Not a tennis ball, Kat thought. More like one of those Kooshes the kids play with.
Tonya saw it and fled back down the hall with her head hunched forward, her hands locked at the nape of her neck, and her forearms over her ears.
The green thing tumbled onto Newsome’s chest.
‘Spray it!’ Kat screamed at Jensen. ‘Spray it before it can get away!’ Yes. Then they would put it in the specimen bottle and screw the lid down tight. Very tight.
Jensen’s eyes were huge and glassy. He looked like a sleepwalker. Wind blew through the room. It swirled his hair. A picture fell from the wall. Jensen pistoned out the hand holding the can of pepper spray and triggered the plastic nub. There was a hiss, then he leaped to his feet, screaming. He tried to turn, probably to flee after Tonya, but stumbled and fell to his knees. Although Kat felt too dumbfounded to move – to even stir a hand – part of her brain must still have been working, because she knew what had happened. He had gotten the can turned around, and instead of pepper-spraying the thing that was now oozing through the unconscious Reverend Rideout’s hair, Jensen had sprayed himself.
‘Don’t let it get me!’ Jensen shrieked. He began to crawl blindly away from the bed. ‘I can’t see, don’t let it get me!’
The wind gusted. Dead leaves tore free of the tree branch that had come through the window and swirled around the room. The green thing dropped from the nape of Rideout’s creased and sunburned neck onto the floor. Feeling like a woman underwater, Kat swiped at it with the bristle end of the broom. She missed. The thing disappeared under the bed, not rolling but slithering.
Jensen crawled headfirst into the wall beside the doorway. ‘Where am I? I can’t see!’
Newsome was sitting up, looking bewildered. ‘What’s going on? What happened?’ He pushed Rideout’s head off him. The reverend slid bonelessly from the bed to the floor.
Melissa bent over him.
‘Don’t do that!’ Kat shouted, but it was too late.
She didn’t know if the thing was truly a god or just some weird kind of leech, but it was fast. It shot out from under the bed, rolled along Rideout’s shoulder, onto Melissa’s hand, and up her arm. Melissa tried to shake it off and couldn’t. Some kind of sticky stuff on those stubby little spikes, the part of Kat’s brain that would still work told the part – the much larger part – that still wouldn’t. Like the glue on a fly’s feet.
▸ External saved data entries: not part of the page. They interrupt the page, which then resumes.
-- ===== src/Messages/Command/Joined.antt =====
-- Two commands of a subscriber that `recv` gives as one text, as helpers.cpp reads it.
use communication_protocols.Base.{
  ℕ, ◌≤◌, ◌<◌, ◌≡◌, refl, sym, ap, ◌∙◌, inl, inr, Bool, true, false, ◌||◌, some, List, [], ◌∷◌,
  ◌++◌, append_assoc, Bytes, codes, length, length-append, ◌==◌, fits-some, same_bytes, Bool-cases,
  arith,
}
use communication_protocols.Messages.Command.{ServerMessage, tokens, decode_loop, decode_message}
use communication_protocols.Messages.Command.Words.{
  Typed, subscribe, unsubscribe, text_of, name_of, flag_text, no_space, tokens-word, tokens-last,
  no_space-append,
}

-- The message is refused.
abbrev pub Refused : ServerMessage → List Bytes → Type 0
Refused message words = (m : ServerMessage) × (decode_loop 1 words message ≡ some (false, m))

-- A third word of an unsubscription, and one of a subscription that is no flag.
third_of_unsubscribe :
    (message : ServerMessage) (token : Bytes) (rest : List Bytes)
    → (message.type == b'u') ≡ true
    → (m : ServerMessage) × (decode_loop 3 (token ∷ rest) message ≡ some (false, m))
unfolding decode_loop
third_of_unsubscribe message token rest e =
    elim (Bool-cases (same_bytes token (codes "1\n") || same_bytes token (codes "0\n"))) [
      | inl b ↦ (
        record message { sf = same_bytes token (codes "1\n") },
        rw (b, decode_loop) (rw (e, decode_loop) refl),
      )
      | inr b ↦ (message, rw (b, decode_loop) refl)
    ]

unsubscribe-Refused :
    (message : ServerMessage) (topic token : Bytes) (rest : List Bytes)
    → length topic < 51
    → Refused message (codes "unsubscribe" ∷ topic ∷ token ∷ rest)
unfolding decode_loop same_bytes
unsubscribe-Refused message topic token rest small =
    let (m, e) =
      third_of_unsubscribe (record message { type = b'u'; topic = topic }) token rest refl in
    (m, rw (fits-some 51 topic small, decode_loop) e)

subscribe-Refused :
    (message : ServerMessage) (topic token : Bytes) (rest : List Bytes)
    → length topic < 51
    → same_bytes token (codes "1\n") ≡ false
    → same_bytes token (codes "0\n") ≡ false
    → Refused message (codes "subscribe" ∷ topic ∷ token ∷ rest)
unfolding decode_loop same_bytes
subscribe-Refused message topic token rest small one zero = (
  record message { type = b's'; topic = topic },
  rw (fits-some 51 topic small, decode_loop) (rw (one, decode_loop) (rw (zero, decode_loop) refl)),
)

-- The text behind the keyword and its space.
abbrev rest_of : Typed → Bytes
rest_of (subscribe name sf) = name ++ 32 ∷ flag_text sf
rest_of (unsubscribe name) = name ++ codes "\n"

abbrev keyword_of : Typed → Bytes
keyword_of (subscribe name sf) = codes "subscribe"
keyword_of (unsubscribe name) = codes "unsubscribe"

text_of-keyword_of : (typed : Typed) → text_of typed ≡ keyword_of typed ++ 32 ∷ rest_of typed
text_of-keyword_of (subscribe name sf) = refl
text_of-keyword_of (unsubscribe name) = refl

keyword_plain : (typed : Typed) → no_space (keyword_of typed) ≡ true
unfolding no_space
keyword_plain (subscribe name sf) = refl
keyword_plain (unsubscribe name) = refl

keyword_short : (typed : Typed) → length (keyword_of typed) ≤ 11
keyword_short (subscribe name sf) = omega arith
keyword_short (unsubscribe name) = omega arith

-- There is a word behind the keyword.
rest_words :
    (typed : Typed)
    → no_space (name_of typed) ≡ true
    → 0 < length (name_of typed)
    → (token : Bytes) × (more : List Bytes) × (tokens (rest_of typed) ≡ token ∷ more)
unfolding no_space
rest_words (subscribe [] sf) h some_byte = absurd (omega arith)
rest_words (unsubscribe []) h some_byte = absurd (omega arith)
rest_words (subscribe (c ∷ name) sf) h some_byte =
    (c ∷ name, tokens (flag_text sf), tokens-word (c ∷ name) (flag_text sf) h)
rest_words (unsubscribe (c ∷ name)) h some_byte = (
  (c ∷ name) ++ codes "\n",
  [],
  tokens-last ((c ∷ name) ++ codes "\n") (no_space-append (c ∷ name) (codes "\n") h refl),
)

-- A word and the keyword of the second command are one word.
tokens-keyword :
    (c : ℕ) (word : Bytes) (second : Typed)
    → no_space (c ∷ word) ≡ true
    → tokens ((c ∷ word) ++ text_of second)
      ≡ ((c ∷ word) ++ keyword_of second) ∷ tokens (rest_of second)
tokens-keyword c word second h =
    ap tokens (
      ap (λ l. (c ∷ word) ++ l) (text_of-keyword_of second)
      ∙ sym (append_assoc (c ∷ word) (keyword_of second) (32 ∷ rest_of second)))
    ∙ tokens-word ((c ∷ word) ++ keyword_of second) (rest_of second)
        (no_space-append (c ∷ word) (keyword_of second) h (keyword_plain second))

not_flag :
    (c : ℕ) (sf : Bool) (second : Typed)
    → same_bytes (flag_text sf ++ keyword_of second) (c ∷ codes "\n") ≡ false
unfolding same_bytes
not_flag c true (subscribe name sf) = ground arith
not_flag c true (unsubscribe name) = ground arith
not_flag c false (subscribe name sf) = ground arith
not_flag c false (unsubscribe name) = ground arith

flag_plain : (sf : Bool) → no_space (flag_text sf) ≡ true
unfolding no_space
flag_plain true = refl
flag_plain false = refl

flag_keyword :
    (sf : Bool) (second : Typed)
    → tokens (flag_text sf ++ text_of second)
      ≡ (flag_text sf ++ keyword_of second) ∷ tokens (rest_of second)
flag_keyword true second = tokens-keyword b'1' (codes "\n") second (flag_plain true)
flag_keyword false second = tokens-keyword b'0' (codes "\n") second (flag_plain false)

subscribe_words :
    (c : ℕ) (name : Bytes) (sf : Bool) (second : Typed)
    → no_space (c ∷ name) ≡ true
    → tokens (text_of (subscribe (c ∷ name) sf) ++ text_of second)
      ≡ codes "subscribe"
        ∷ (c ∷ name)
        ∷ (flag_text sf ++ keyword_of second)
        ∷ tokens (rest_of second)
unfolding no_space
subscribe_words c name sf second h =
    tokens-word (codes "subscribe") (((c ∷ name) ++ 32 ∷ flag_text sf) ++ text_of second) refl
    ∙ ap (λ l. codes "subscribe" ∷ l)
        (ap tokens (append_assoc (c ∷ name) (32 ∷ flag_text sf) (text_of second))
          ∙ tokens-word (c ∷ name) (flag_text sf ++ text_of second) h
          ∙ ap (λ l. (c ∷ name) ∷ l) (flag_keyword sf second))

unsubscribe_words :
    (c : ℕ) (name : Bytes) (second : Typed)
    → no_space (c ∷ name) ≡ true
    → tokens (text_of (unsubscribe (c ∷ name)) ++ text_of second)
      ≡ codes "unsubscribe"
        ∷ (((c ∷ name) ++ codes "\n") ++ keyword_of second)
        ∷ tokens (rest_of second)
unfolding no_space
unsubscribe_words c name second h =
    tokens-word (codes "unsubscribe") (((c ∷ name) ++ codes "\n") ++ text_of second) refl
    ∙ ap (λ l. codes "unsubscribe" ∷ l)
        (tokens-keyword c (name ++ codes "\n") second
          (no_space-append (c ∷ name) (codes "\n") h refl))

-- Two commands with names of 1 to 37 bytes with no space in them, one right behind the other: they are
-- read as one, and it is refused.
pub decode_message-joined :
    (message : ServerMessage) (first second : Typed)
    → no_space (name_of first) ≡ true
    → 0 < length (name_of first)
    → length (name_of first) < 38
    → no_space (name_of second) ≡ true
    → 0 < length (name_of second)
    → (m : ServerMessage) × (decode_message message (text_of first ++ text_of second)
        ≡ some (false, m))
unfolding decode_message
decode_message-joined message (subscribe [] sf) second h some_byte small h' some_byte' =
    absurd (omega arith)
decode_message-joined message (unsubscribe []) second h some_byte small h' some_byte' =
    absurd (omega arith)
decode_message-joined message (subscribe (c ∷ name) sf) second h some_byte small h' some_byte' =
    let (m, e) =
      subscribe-Refused message (c ∷ name) (flag_text sf ++ keyword_of second)
        (tokens (rest_of second)) (omega arith) (not_flag b'1' sf second)
        (not_flag b'0' sf second) in
    (m, ap (λ words. decode_loop 1 words message) (subscribe_words c name sf second h) ∙ e)
decode_message-joined message (unsubscribe (c ∷ name)) second h some_byte small h' some_byte' =
    let (token, more, words) = rest_words second h' some_byte' in
    let topic = ((c ∷ name) ++ codes "\n") ++ keyword_of second in
    let len : length topic < 51 = omega (
      arith,
      small,
      keyword_short second,
      length-append ((c ∷ name) ++ codes "\n") (keyword_of second),
      length-append (c ∷ name) (codes "\n"),
    ) in
    let (m, e) = unsubscribe-Refused message topic token more len in
    (
      m,
      ap (λ words. decode_loop 1 words message)
            (unsubscribe_words c name second h ∙ ap (λ l. codes "unsubscribe" ∷ topic ∷ l) words)
          ∙ e,
    )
Melissa had seen where the thing came from and even in her panic was wise enough to cover her own mouth with both hands. The thing skittered up her neck, over her cheek, and squatted on her left eye. The wind screamed and Melissa screamed with it. It was the cry of a woman drowning in a kind of pain the one-to-ten charts in hospitals can never describe. Melissa’s agony was well over one hundred – that of someone being boiled alive. She staggered backwards, clawing at the thing on her eye. It was pulsing faster now, and Kat could hear a low, liquid sound as the thing resumed feeding. It was a slushy sound.
It doesn’t care who it eats, Kat thought. She realized she was walking toward the screaming, flailing woman.
‘Hold still! Melissa, hold STILL!’
Melissa paid no attention. She continued to back up. She struck the thick branch now visiting the room and went sprawling. Kat dropped to one knee beside her and brought the broom handle smartly down on Melissa’s face. Down on the thing that was feeding on Melissa’s eye.
There was a splatting sound, and suddenly the thing was sliding limply down the housekeeper’s cheek, leaving a wet trail of slime behind. It moved across the leaf-littered floor, intending to hide under the branch the way it had hidden under the bed. Kat sprang to her feet and stepped on it. She felt it splatter beneath her sturdy New Balance walking shoe. Green stuff shot out in both directions, as if she had stepped on a balloon filled with snot.